Case in point, the findings of the Department of Justice (DOJ) during the week of March 5th. They revealed that the city council of Ferguson, Missouri was successful at maximized their city fiscal revenue by urging the local police department to issue more tickets for minor offenses. With very little applicability toward the ultimate goal of ensuring public safety, Ferguson police not only habitually, but competitively amongst themselves conducted traffic stops and issued citations. The DOJ report went as far to state that,

“‘Issuing three or four charges in one stop is not uncommon. Officers sometimes write six, eight, or, in at least one instance, fourteen citations for a single encounter.”

The moral and legal corruption did not stop with the police department and city council. The DOJ described how municipal court judges are influenced by their appointed city council members to generate revenue from the bench as well. In fact, their job performance is partly based on their abilities to financial generation proceeds to the city’s coffers.

An internal report in 2011 noted that regardless of municipal judge Ronald Brockmeyer’s failure to perform justly (i.e., not listening to testimony, reviewing relevant reports/criminal records of defendants, or allowing relevant witnesses appear for testimony before issuing a verdict), a requested reappointment was denied due to his illustrated previous ability to contribute to the city revenue from the bench. Further, the report stated:

“…it goes without saying the City cannot afford to lose any efficiency in our Courts, nor experience any decrease in our Fines and Forfeitures.”

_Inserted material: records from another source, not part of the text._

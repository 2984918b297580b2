-- ===== src/Ingestion/Protocol/Replies.antt =====
-- Which packet a request loop takes for its answer.
use qonduit.Common.{
  ℕ, ◌≡◌, ◌≢◌, ◌↔◌, refl, ap, ◌∙◌, List, [], ◌∷◌, ◌++◌, map, ◌||◌, ◌==◌, All, if◌then◌else◌, arith,
  append_assoc, append-nil, Bool-cases, inl, inr,
}
use qonduit.Bytes.{Bytes}
use qonduit.Ingestion.Protocol.{
  Packet, Poll, received, read_error, elapsed, got, await_packet, collect_transactions,
  request_tick_transactions, request_tick_data,
}

-- A packet that the loop for an answer of type `want` passes over.
abbrev pub Skipped : ℕ → Packet → Type 0
Skipped want p = (p.msg_type ≢ want) × (p.msg_type ≢ 35) × (p.msg_type ≢ 54)

-- Some packets are passed over, and the next one is of type `want` with the payload `x`.
abbrev pub FirstReply : ℕ → List Poll → Bytes → Type 0
FirstReply want polls x =
    (ps : List Packet) × (p : Packet) × (more : List Poll) × (polls
      ≡ map received ps ++ (received p ∷ more))
    × All (Skipped want) ps
    × (p.msg_type ≡ want)
    × (p.payload ≡ x)

got_of_first :
    (want : ℕ) (ps : List Packet) (p : Packet) (more : List Poll)
    → All (Skipped want) ps
    → p.msg_type ≡ want
    → await_packet want (map received ps ++ (received p ∷ more)) ≡ got p.payload
unfolding await_packet
got_of_first want [] p more h e = ground arith
got_of_first want (q ∷ ps) p more (h, hs) e = ground (arith, got_of_first want ps p more hs e)

first_of_got :
    (want : ℕ) (polls : List Poll) (x : Bytes)
    → await_packet want polls ≡ got x
    → FirstReply want polls x
unfolding await_packet
first_of_got want [] x h = absurd (cc)
first_of_got want (read_error ∷ polls) x h = absurd (cc)
first_of_got want (elapsed ∷ polls) x h = absurd (cc)
first_of_got want (received p ∷ polls) x h = elim (Bool-cases (p.msg_type == want)) [
  | inl here ↦ ([], p, polls, refl, tt, ground arith, ground arith)
  | inr other ↦ elim (Bool-cases (p.msg_type == 35 || p.msg_type == 54)) [
    | inl bad ↦ absurd (ground arith)
    | inr pass ↦
        let (ps, q, more, e, skipped, ty, pay) = first_of_got want polls x (ground arith) in
        (
          p ∷ ps,
          q,
          more,
          ap (λ l. received p ∷ l) e,
          ((ground arith, ground arith, ground arith), skipped),
          ty,
          pay,
        )
  ]
]

-- A request returns a payload exactly when the first packet that it does not pass over, before any
-- read error or timeout, is of the wanted type and has that payload.
pub await_packet-iff-FirstReply :
    (want : ℕ) (polls : List Poll) (x : Bytes)
    → (await_packet want polls ≡ got x) ↔ FirstReply want polls x
await_packet-iff-FirstReply want polls x = (
  first_of_got want polls x,
  λ f.
      let (ps, p, more, e, skipped, ty, pay) = f in
      ap (await_packet want) e ∙ got_of_first want ps p more skipped ty ∙ ap got pay,
)

-- The payloads of the transaction packets, in order.
unfoldable pub transaction_payloads : List Packet → List Bytes
transaction_payloads [] = []
transaction_payloads (p ∷ ps) =
    if p.msg_type == 24 then p.payload ∷ transaction_payloads ps else transaction_payloads ps

-- A packet that leaves the transaction loop running.
abbrev pub Continues : Packet → Type 0
Continues p = (p.msg_type ≢ 35) × (p.msg_type ≢ 54)

collect_until_end :
    (acc : List Bytes) (ps : List Packet) (p : Packet) (more : List Poll)
    → All Continues ps
    → p.msg_type ≡ 35
    → collect_transactions acc (map received ps ++ (received p ∷ more))
      ≡ got (acc ++ transaction_payloads ps)
unfolding collect_transactions transaction_payloads
collect_until_end acc [] p more h e = ground (arith, append-nil acc)
collect_until_end acc (q ∷ ps) p more (h, hs) e = elim (Bool-cases (q.msg_type == 24)) [
  | inl here ↦ ground (
    arith,
    collect_until_end (acc ++ (q.payload ∷ [])) ps p more hs e,
    append_assoc acc (q.payload ∷ []) (transaction_payloads ps),
  )
  | inr other ↦ ground (arith, collect_until_end acc ps p more hs e)
]

-- The request for the transactions of a tick returns the payloads of all transaction packets that
-- arrive before the end marker, in their order and nothing else, whatever other packets lie between.
pub request_tick_transactions_complete :
    (tick random : ℕ) (ps : List Packet) (p : Packet) (more : List Poll)
    → All Continues ps
    → p.msg_type ≡ 35
    → (request_tick_transactions tick random (map received ps ++ (received p ∷ more))).1
      ≡ got (transaction_payloads ps)
unfolding request_tick_transactions
request_tick_transactions_complete tick random ps p more h e = collect_until_end [] ps p more h e

-- Another choice of the correlation ids in the packets.
abbrev pub retag : (ℕ → ℕ) → Poll → Poll
retag f (received p) = received (record p { dejavu = f p.dejavu })
retag f read_error = read_error
retag f elapsed = elapsed

await_packet-retag :
    (f : ℕ → ℕ) (want : ℕ) (polls : List Poll)
    → await_packet want (map (retag f) polls) ≡ await_packet want polls
unfolding await_packet
await_packet-retag f want [] = refl
await_packet-retag f want (read_error ∷ polls) = refl
await_packet-retag f want (elapsed ∷ polls) = refl
await_packet-retag f want (received p ∷ polls) = rw (await_packet-retag f want polls)

-- A tick data request does not look at correlation ids or at the tick: whatever ids the packets
-- carry, and whichever tick was asked for, the reply is the same.
pub request_tick_data_uncorrelated :
    (f : ℕ → ℕ) (tick tick' random random' : ℕ) (polls : List Poll)
    → (request_tick_data tick random (map (retag f) polls)).1
      ≡ (request_tick_data tick' random' polls).1
unfolding request_tick_data
request_tick_data_uncorrelated f tick tick' random random' polls = await_packet-retag f 8 polls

The impact of said findings are even more pronounced when accounting for population trends. In 2013, Ferguson, a city with a population of 21,135 citizens issued approximately 32,975 arrests warrants. These warrants were issued for people mostly accused of non-violent driving violations, parking tickets, and housing code intrusions. In 2012, the city of collected 2.6 million dollars in municipal court fines and fees. Racially, statistics indicate that Blacks are disproportionately affected. Respectively, it has been shown that 86 percent and 12.7 percent of Black and White motorist were stopped. This is astounding when one recognizes that the population of Blacks and Whites are 67 and 29 percent respectively. In addition, In regard to traffic stops, Blacks citizens are stopped, searched, and arrested approximately two times more than their White counterparts.

Since there are no public defenders assigned to municipal courts, many of the 22 percent living below the poverty line who may have been on the wrong side of luck and consequentially arrested for frivolous traffic accounts, do not have access to free, and definitely not paid legal representation. Due to their inability to pay court fines, many defendants perform the “Curly Shuffle” and avoid court. Even if they did happen to appear, employees of the court have reported that hearings have a likelihood of beginning 30 minutes before their designated time. Doors are often locked at least 5 minutes before the official time began. This sort of court supervised shell game leads to additional charges mounting for those appearing before the court.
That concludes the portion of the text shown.